By Rudolf Donauer
Over the last couple of years, the data team at Project A supported multiple portfolio companies with building their data warehouse. A data warehouse is used for reporting/ data analysis and is considered a core component of business intelligence. By combining different data sources in one integrated system, the data can be used for many different use cases (e.g. advanced marketing attribution, churn prediction, sales funnel analysis) and is relevant for B2C and B2B companies alike. Before we go into details, here are a few trends we observed across the entire startup ecosystem:
- Data-driven workforce: demand for data is increasing as more employees are eager to gain access to reports, focus on KPIs and crunch data themselves
- Greater usage of tools: start-ups deploy a wide range of SaaS tools to run their business, thus creating valuable data points in various systems.
- Scalable infrastructure: there are new technologies available that are scalable, cost-efficient and easy to maintain
With these observations in mind, it has never been easier and cheaper to build a data stack. In general, we expect most of our ventures to build a data warehouse at some point, however, the timing will certainly differ depending on the industry, business model and the role data plays in it. We have seen DWHs being developed early (<10 employees) and late (>200 employees) and thus gained a better understanding of different reasons that led to building a more advanced data stack.

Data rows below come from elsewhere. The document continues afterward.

-- ===== src/Api/Compliance.antt =====
-- Requirement contracts, their evidence and the compliance review (web/src/api/types.ts).
use mcp_project_server.Prelude.{ℕ, Bool, List, Option}
use mcp_project_server.Js.Str.{Str}
use mcp_project_server.Api.Types.{RequirementStatus}

pub data ValidationState : Type 0 where
  ok stale not_configured : ValidationState

pub data IndependentReviewState : Type 0 where
  passed failed not_configured : IndependentReviewState

pub record RequirementInvariant : Type 0 where
  pub id : Str
  pub project_id : Str
  pub requirement_id : Str
  pub key : Str
  pub statement : Str
  pub kind : Str
  pub risk : Str
  pub sort_order : ℕ
  pub status : Str
  pub author : Str
  pub created_at : Str
  pub updated_at : Str

pub record AcceptanceCriterion : Type 0 where
  pub id : Str
  pub project_id : Str
  pub invariant_id : Str
  pub key : Str
  pub statement : Str
  pub evidence_kind : Str
  pub required : Bool
  pub independent_review : Str
  pub sort_order : ℕ
  pub status : Str
  pub author : Str
  pub created_at : Str
  pub updated_at : Str

pub data ContractInclude : Type 0 where
  invariants criteria both : ContractInclude

pub record RequirementContract : Type 0 where
  pub requirement_id : Str
  pub req_key : Option Str
  pub headline : Str
  pub include : ContractInclude
  pub invariants : List RequirementInvariant
  pub criteria : List AcceptanceCriterion

pub record CreateInvariantInput : Type 0 where
  pub statement : Str
  pub kind : Str
  pub risk : Str
  pub key : Option Str
  pub sort_order : Option ℕ

pub record UpdateInvariantInput : Type 0 where
  pub statement : Option Str
  pub kind : Option Str
  pub risk : Option Str
  pub key : Option Str
  pub sort_order : Option ℕ

pub record CreateCriterionInput : Type 0 where
  pub statement : Str
  pub evidence_kind : Str
  pub key : Option Str
  pub required : Option Bool
  pub independent_review : Option Str
  pub sort_order : Option ℕ

pub record UpdateCriterionInput : Type 0 where
  pub statement : Option Str
  pub evidence_kind : Option Str
  pub required : Option Bool
  pub independent_review : Option Str
  pub key : Option Str
  pub sort_order : Option ℕ

pub data ExceptionKind : Type 0 where
  missing stale blocking review_missing review_failed review_stale : ExceptionKind

pub record RequirementComplianceException : Type 0 where
  pub kind : ExceptionKind
  pub criterion_id : Option Str
  pub criterion_key : Option Str
  pub violation_id : Option Str
  pub invariant_id : Str
  pub invariant_key : Str
  pub file_refs : List Str
  pub summary : Option Str

pub data Verdict : Type 0 where
  verified failed not_configured : Verdict

pub record RequirementComplianceRow : Type 0 where
  pub requirement_id : Str
  pub req_key : Option Str
  pub status : RequirementStatus
  pub configured : Bool
  pub verdict : Verdict
  pub ac_verified : ℕ
  pub ac_total : ℕ
  pub validation : ValidationState
  pub review : IndependentReviewState
  pub exceptions : List RequirementComplianceException
  pub omitted_exceptions : ℕ

pub record ComplianceLimits : Type 0 where
  pub requirements : ℕ
  pub exceptions_per_requirement : ℕ

pub record RequirementComplianceResponse : Type 0 where
  pub project_id : Str
  pub requirements : List RequirementComplianceRow
  pub reviewed_count : ℕ
  pub omitted_requirements : ℕ
  pub limits : ComplianceLimits
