-- ===== src/Api/Evidence.antt =====
-- The evidence of a requirement (web/src/api/types.ts).
use mcp_project_server.Prelude.{ℕ, Bool, List}
use mcp_project_server.Js.Str.{Str}
use mcp_project_server.Js.Map.{Map}

pub data EvidenceResult : Type 0 where
  passed failed manual_pending : EvidenceResult

pub record RequirementEvidence : Type 0 where
  pub id : Str
  pub criterion_id : Str
  pub contract_revision_id : Str
  pub kind : Str
  pub result : EvidenceResult
  pub source_commit : Str
  pub file_refs : List Str
  pub seq : ℕ

pub data Severity : Type 0 where
  blocking warning : Severity

-- `opened` is the source's "open".
pub data ViolationStatus : Type 0 where
  opened resolved : ViolationStatus

pub record RequirementViolation : Type 0 where
  pub id : Str
  pub invariant_id : Str
  pub severity : Severity
  pub status : ViolationStatus
  pub summary : Str
  pub file_refs : List Str

pub record RequirementCloseGate : Type 0 where
  pub requirement_id : Str
  pub configured : Bool
  pub passed : Bool
  pub unmet : List Str
  pub ac_verified : ℕ
  pub ac_total : ℕ
  pub missing : List (Map Str)
  pub stale : List (Map Str)
  pub blocking : List (Map Str)
  pub validation : Str
  pub review : Str

pub record EvidenceLimits : Type 0 where
  pub evidence : ℕ
  pub violations : ℕ

pub record RequirementEvidenceResponse : Type 0 where
  pub requirement_id : Str
  pub evidence : List RequirementEvidence
  pub violations : List RequirementViolation
  pub close_gate : RequirementCloseGate
  pub evidence_total : ℕ
  pub evidence_omitted : ℕ
  pub violations_total : ℕ
  pub violations_omitted : ℕ
  pub limits : EvidenceLimits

Data at early-stage startups
A typical startup around the Series A funding frequently has the following set-up: 1) application database 2) Google Sheets & .csv files 3) external tools. The Excel reporting is based on the output of multiple SQL queries, copied & pasted from one place to another. With each new report the complexity and time spent on maintenance increases, making it hard to debug and test. Also, there is no designated ownership of data-related topics. Don’t get us wrong here, we encourage reporting in tools and Google Sheets up to a certain stage because it’s fast, cheap and easily accessible. However, you should consider to step up your data infrastructure game when you start to feel too familiar with some of the indicators below:
- Built-in reporting by CRM tools is no longer sufficient and creates knowledge silos
- Heavy maintenance to sustain reporting in Excel / Google Sheets
- Present team that is capable to shape a data-driven culture
- The increasing volume of data exceeds the limits of current solutions
- Unclear definitions of core KPIs resulting in conflicting analysis and communication
- Growing demand for more advanced insights by business stakeholders
- Frequent data inconsistency issues and consequent lack of trust in reports
- Increasing complexity of calculations due to more advanced business logic
- Requirements to create a central report visualizing the performance of multiple data sources
- Many repetitive tasks such as manual historicization of KPIs per week
While some of the indicators are more visible (e.g. data inconsistencies); others usually only come to attention once the unstructured gathering and processing of data have become a huge hurdle. Sooner or later, almost every founder will eventually face some of the issues above, the solution for which is — a data warehouse.
Your first data hire
Before you can start building something awesome, there has to be somebody or even a team that can take ownership of this project (see #3). Therefore, it is essential to recruit a strong and senior generalist in the field of data. Think of somebody who can do data transformations in SQL and also understands business processes in sales, marketing and operations very well. Quite often, these people have a consulting or business development background and then went on to develop in the area of business intelligence. Generally, these profiles are hard to find but don’t make the mistake to hire a junior position or a ‘pure’ data scientist. It’s important to lay a solid foundation before you start getting fancy as initial mistakes in the set up will be costly once you are scaling. Here’s a list of traits that we’re looking for in our candidates:
- University degree and (more importantly) an affinity for numbers
- Relevant working experience in the fields of data and analytics in fast-paced, high-performance environments
- Familiarity with the data tool landscape to extract, transform and visualize data (Google Analytics, Snowplow, Snowflake, Big Query, PostgreSQL, Mode, Tableau, Looker,… — you name it)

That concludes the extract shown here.